▶ DATA FOR REVIEW:
—————

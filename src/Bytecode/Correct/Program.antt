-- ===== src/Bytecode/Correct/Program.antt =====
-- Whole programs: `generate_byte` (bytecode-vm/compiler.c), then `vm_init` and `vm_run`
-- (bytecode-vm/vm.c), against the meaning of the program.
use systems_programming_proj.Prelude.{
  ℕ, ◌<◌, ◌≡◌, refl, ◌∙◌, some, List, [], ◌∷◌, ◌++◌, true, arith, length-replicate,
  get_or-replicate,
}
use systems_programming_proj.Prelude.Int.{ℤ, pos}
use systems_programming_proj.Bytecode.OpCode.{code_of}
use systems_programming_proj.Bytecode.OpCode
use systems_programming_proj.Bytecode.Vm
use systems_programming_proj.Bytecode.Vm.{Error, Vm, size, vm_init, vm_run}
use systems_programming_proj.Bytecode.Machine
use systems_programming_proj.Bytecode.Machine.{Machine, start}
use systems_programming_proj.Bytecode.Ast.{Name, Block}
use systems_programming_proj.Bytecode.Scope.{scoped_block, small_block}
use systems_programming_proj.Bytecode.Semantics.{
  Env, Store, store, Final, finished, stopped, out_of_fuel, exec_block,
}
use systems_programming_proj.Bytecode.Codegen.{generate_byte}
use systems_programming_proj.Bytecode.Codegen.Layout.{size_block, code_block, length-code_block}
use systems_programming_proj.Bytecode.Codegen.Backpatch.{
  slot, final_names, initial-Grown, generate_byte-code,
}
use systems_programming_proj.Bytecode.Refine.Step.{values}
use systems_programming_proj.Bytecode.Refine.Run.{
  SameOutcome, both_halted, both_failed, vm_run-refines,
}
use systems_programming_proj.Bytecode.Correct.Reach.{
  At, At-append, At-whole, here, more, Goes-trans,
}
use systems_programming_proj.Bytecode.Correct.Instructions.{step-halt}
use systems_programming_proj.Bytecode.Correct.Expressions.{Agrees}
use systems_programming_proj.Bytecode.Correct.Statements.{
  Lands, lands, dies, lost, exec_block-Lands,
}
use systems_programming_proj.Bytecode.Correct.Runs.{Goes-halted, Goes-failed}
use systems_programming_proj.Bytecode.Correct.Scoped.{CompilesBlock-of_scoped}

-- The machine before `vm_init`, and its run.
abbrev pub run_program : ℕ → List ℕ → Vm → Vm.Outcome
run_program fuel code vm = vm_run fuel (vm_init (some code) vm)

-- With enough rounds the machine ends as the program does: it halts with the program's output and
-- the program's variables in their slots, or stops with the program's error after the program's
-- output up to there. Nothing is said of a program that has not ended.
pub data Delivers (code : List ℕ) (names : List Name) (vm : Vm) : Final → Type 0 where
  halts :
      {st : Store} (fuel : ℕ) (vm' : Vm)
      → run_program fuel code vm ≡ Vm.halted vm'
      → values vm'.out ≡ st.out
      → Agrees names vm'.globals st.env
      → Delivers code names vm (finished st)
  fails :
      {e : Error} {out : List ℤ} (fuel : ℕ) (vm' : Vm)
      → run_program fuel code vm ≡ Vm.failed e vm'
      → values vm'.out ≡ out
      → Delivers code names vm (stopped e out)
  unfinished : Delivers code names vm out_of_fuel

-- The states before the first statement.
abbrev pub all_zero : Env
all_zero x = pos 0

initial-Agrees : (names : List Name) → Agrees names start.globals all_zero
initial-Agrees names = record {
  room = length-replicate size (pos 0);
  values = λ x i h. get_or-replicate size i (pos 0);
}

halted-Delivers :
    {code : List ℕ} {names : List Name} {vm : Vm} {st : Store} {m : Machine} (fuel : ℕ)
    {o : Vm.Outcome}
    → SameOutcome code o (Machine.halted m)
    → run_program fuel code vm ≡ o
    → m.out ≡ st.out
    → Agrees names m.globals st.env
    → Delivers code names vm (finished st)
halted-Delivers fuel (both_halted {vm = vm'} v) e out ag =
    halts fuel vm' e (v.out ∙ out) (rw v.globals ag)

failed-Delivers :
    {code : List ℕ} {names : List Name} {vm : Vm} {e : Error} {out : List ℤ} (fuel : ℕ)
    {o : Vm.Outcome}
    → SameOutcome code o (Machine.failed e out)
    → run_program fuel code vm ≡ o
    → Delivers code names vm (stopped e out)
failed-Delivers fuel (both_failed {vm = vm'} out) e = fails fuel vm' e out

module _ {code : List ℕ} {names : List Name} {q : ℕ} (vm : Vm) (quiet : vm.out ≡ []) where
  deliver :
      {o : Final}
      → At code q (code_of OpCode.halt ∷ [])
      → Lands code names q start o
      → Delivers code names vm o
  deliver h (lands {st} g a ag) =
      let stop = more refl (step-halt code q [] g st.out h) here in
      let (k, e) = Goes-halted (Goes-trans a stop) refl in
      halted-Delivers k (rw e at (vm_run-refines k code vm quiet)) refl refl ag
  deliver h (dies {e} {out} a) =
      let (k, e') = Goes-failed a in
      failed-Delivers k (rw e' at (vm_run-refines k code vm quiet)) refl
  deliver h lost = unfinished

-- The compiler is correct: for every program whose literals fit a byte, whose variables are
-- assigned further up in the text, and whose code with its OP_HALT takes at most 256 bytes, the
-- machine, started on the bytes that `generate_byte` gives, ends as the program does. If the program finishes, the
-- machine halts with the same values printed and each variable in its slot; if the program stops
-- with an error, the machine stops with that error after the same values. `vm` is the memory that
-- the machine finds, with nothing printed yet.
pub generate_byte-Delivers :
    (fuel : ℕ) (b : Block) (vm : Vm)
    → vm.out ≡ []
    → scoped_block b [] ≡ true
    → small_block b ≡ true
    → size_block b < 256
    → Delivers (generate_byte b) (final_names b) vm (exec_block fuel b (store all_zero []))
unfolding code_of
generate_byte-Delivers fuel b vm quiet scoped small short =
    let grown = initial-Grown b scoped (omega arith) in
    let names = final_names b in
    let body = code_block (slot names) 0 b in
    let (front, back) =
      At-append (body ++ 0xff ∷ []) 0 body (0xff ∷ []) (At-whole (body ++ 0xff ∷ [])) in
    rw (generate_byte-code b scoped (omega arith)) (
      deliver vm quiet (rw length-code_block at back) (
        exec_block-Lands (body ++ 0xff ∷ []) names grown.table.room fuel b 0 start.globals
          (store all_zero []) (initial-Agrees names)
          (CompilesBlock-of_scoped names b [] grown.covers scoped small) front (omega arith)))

—————

▶ WHAT YOU NEED TO DO: Word for word, transcribe the complete listing.

▶ REPLY TO THE EXERCISE:
filename src/Bytecode/Correct/Program.antt
-- ===== src/Bytecode/Correct/Program.antt =====
-- Whole programs: `generate_byte` (bytecode-vm/compiler.c), then `vm_init` and `vm_run`
-- (bytecode-vm/vm.c), against the meaning of the program.
use systems_programming_proj.Prelude.{
  ℕ, ◌<◌, ◌≡◌, refl, ◌∙◌, some, List, [], ◌∷◌, ◌++◌, true, arith, length-replicate,
  get_or-replicate,
}
use systems_programming_proj.Prelude.Int.{ℤ, pos}
use systems_programming_proj.Bytecode.OpCode.{code_of}
use systems_programming_proj.Bytecode.OpCode
use systems_programming_proj.Bytecode.Vm
use systems_programming_proj.Bytecode.Vm.{Error, Vm, size, vm_init, vm_run}
use systems_programming_proj.Bytecode.Machine
use systems_programming_proj.Bytecode.Machine.{Machine, start}
use systems_programming_proj.Bytecode.Ast.{Name, Block}
use systems_programming_proj.Bytecode.Scope.{scoped_block, small_block}
use systems_programming_proj.Bytecode.Semantics.{
  Env, Store, store, Final, finished, stopped, out_of_fuel, exec_block,
}
use systems_programming_proj.Bytecode.Codegen.{generate_byte}
use systems_programming_proj.Bytecode.Codegen.Layout.{size_block, code_block, length-code_block}
use systems_programming_proj.Bytecode.Codegen.Backpatch.{
  slot, final_names, initial-Grown, generate_byte-code,
}
use systems_programming_proj.Bytecode.Refine.Step.{values}
use systems_programming_proj.Bytecode.Refine.Run.{
  SameOutcome, both_halted, both_failed, vm_run-refines,
}
use systems_programming_proj.Bytecode.Correct.Reach.{
  At, At-append, At-whole, here, more, Goes-trans,
}
use systems_programming_proj.Bytecode.Correct.Instructions.{step-halt}
use systems_programming_proj.Bytecode.Correct.Expressions.{Agrees}
use systems_programming_proj.Bytecode.Correct.Statements.{
  Lands, lands, dies, lost, exec_block-Lands,
}
use systems_programming_proj.Bytecode.Correct.Runs.{Goes-halted, Goes-failed}
use systems_programming_proj.Bytecode.Correct.Scoped.{CompilesBlock-of_scoped}

-- The machine before `vm_init`, and its run.
abbrev pub run_program : ℕ → List ℕ → Vm → Vm.Outcome
run_program fuel code vm = vm_run fuel (vm_init (some code) vm)

-- With enough rounds the machine ends as the program does: it halts with the program's output and
-- the program's variables in their slots, or stops with the program's error after the program's
-- output up to there. Nothing is said of a program that has not ended.
pub data Delivers (code : List ℕ) (names : List Name) (vm : Vm) : Final → Type 0 where
  halts :
      {st : Store} (fuel : ℕ) (vm' : Vm)
      → run_program fuel code vm ≡ Vm.halted vm'
      → values vm'.out ≡ st.out
      → Agrees names vm'.globals st.env
      → Delivers code names vm (finished st)
  fails :
      {e : Error} {out : List ℤ} (fuel : ℕ) (vm' : Vm)
      → run_program fuel code vm ≡ Vm.failed e vm'
      → values vm'.out ≡ out
      → Delivers code names vm (stopped e out)
  unfinished : Delivers code names vm out_of_fuel

-- The states before the first statement.
abbrev pub all_zero : Env
all_zero x = pos 0

initial-Agrees : (names : List Name) → Agrees names start.globals all_zero
initial-Agrees names = record {
  room = length-replicate size (pos 0);
  values = λ x i h. get_or-replicate size i (pos 0);
}

halted-Delivers :
    {code : List ℕ} {names : List Name} {vm : Vm} {st : Store} {m : Machine} (fuel : ℕ)
    {o : Vm.Outcome}
    → SameOutcome code o (Machine.halted m)
    → run_program fuel code vm ≡ o
    → m.out ≡ st.out
    → Agrees names m.globals st.env
    → Delivers code names vm (finished st)
halted-Delivers fuel (both_halted {vm = vm'} v) e out ag =
    halts fuel vm' e (v.out ∙ out) (rw v.globals ag)

failed-Delivers :
    {code : List ℕ} {names : List Name} {vm : Vm} {e : Error} {out : List ℤ} (fuel : ℕ)
    {o : Vm.Outcome}
    → SameOutcome code o (Machine.failed e out)
    → run_program fuel code vm ≡ o
    → Delivers code names vm (stopped e out)
failed-Delivers fuel (both_failed {vm = vm'} out) e = fails fuel vm' e out

module _ {code : List ℕ} {names : List Name} {q : ℕ} (vm : Vm) (quiet : vm.out ≡ []) where
  deliver :
      {o : Final}
      → At code q (code_of OpCode.halt ∷ [])
      → Lands code names q start o
      → Delivers code names vm o
  deliver h (lands {st} g a ag) =
      let stop = more refl (step-halt code q [] g st.out h) here in
      let (k, e) = Goes-halted (Goes-trans a stop) refl in
      halted-Delivers k (rw e at (vm_run-refines k code vm quiet)) refl refl ag
  deliver h (dies {e} {out} a) =
      let (k, e') = Goes-failed a in
      failed-Delivers k (rw e' at (vm_run-refines k code vm quiet)) refl
  deliver h lost = unfinished

-- The compiler is correct: for every program whose literals fit a byte, whose variables are
-- assigned further up in the text, and whose code with its OP_HALT takes at most 256 bytes, the
-- machine, started on the bytes that `generate_byte` gives, ends as the program does. If the program finishes, the
-- machine halts with the same values printed and each variable in its slot; if the program stops
-- with an error, the machine stops with that error after the same values. `vm` is the memory that
-- the machine finds, with nothing printed yet.
pub generate_byte-Delivers :
    (fuel : ℕ) (b : Block) (vm : Vm)
    → vm.out ≡ []
    → scoped_block b [] ≡ true
    → small_block b ≡ true
    → size_block b < 256
    → Delivers (generate_byte b) (final_names b) vm (exec_block fuel b (store all_zero []))
unfolding code_of
generate_byte-Delivers fuel b vm quiet scoped small short =
    let grown = initial-Grown b scoped (omega arith) in
    let names = final_names b in
    let body = code_block (slot names) 0 b in
    let (front, back) =
      At-append (body ++ 0xff ∷ []) 0 body (0xff ∷ []) (At-whole (body ++ 0xff ∷ [])) in
    rw (generate_byte-code b scoped (omega arith)) (
      deliver vm quiet (rw length-code_block at back) (
        exec_block-Lands (body ++ 0xff ∷ []) names grown.table.room fuel b 0 start.globals
          (store all_zero []) (initial-Agrees names)
          (CompilesBlock-of_scoped names b [] grown.covers scoped small) front (omega arith)))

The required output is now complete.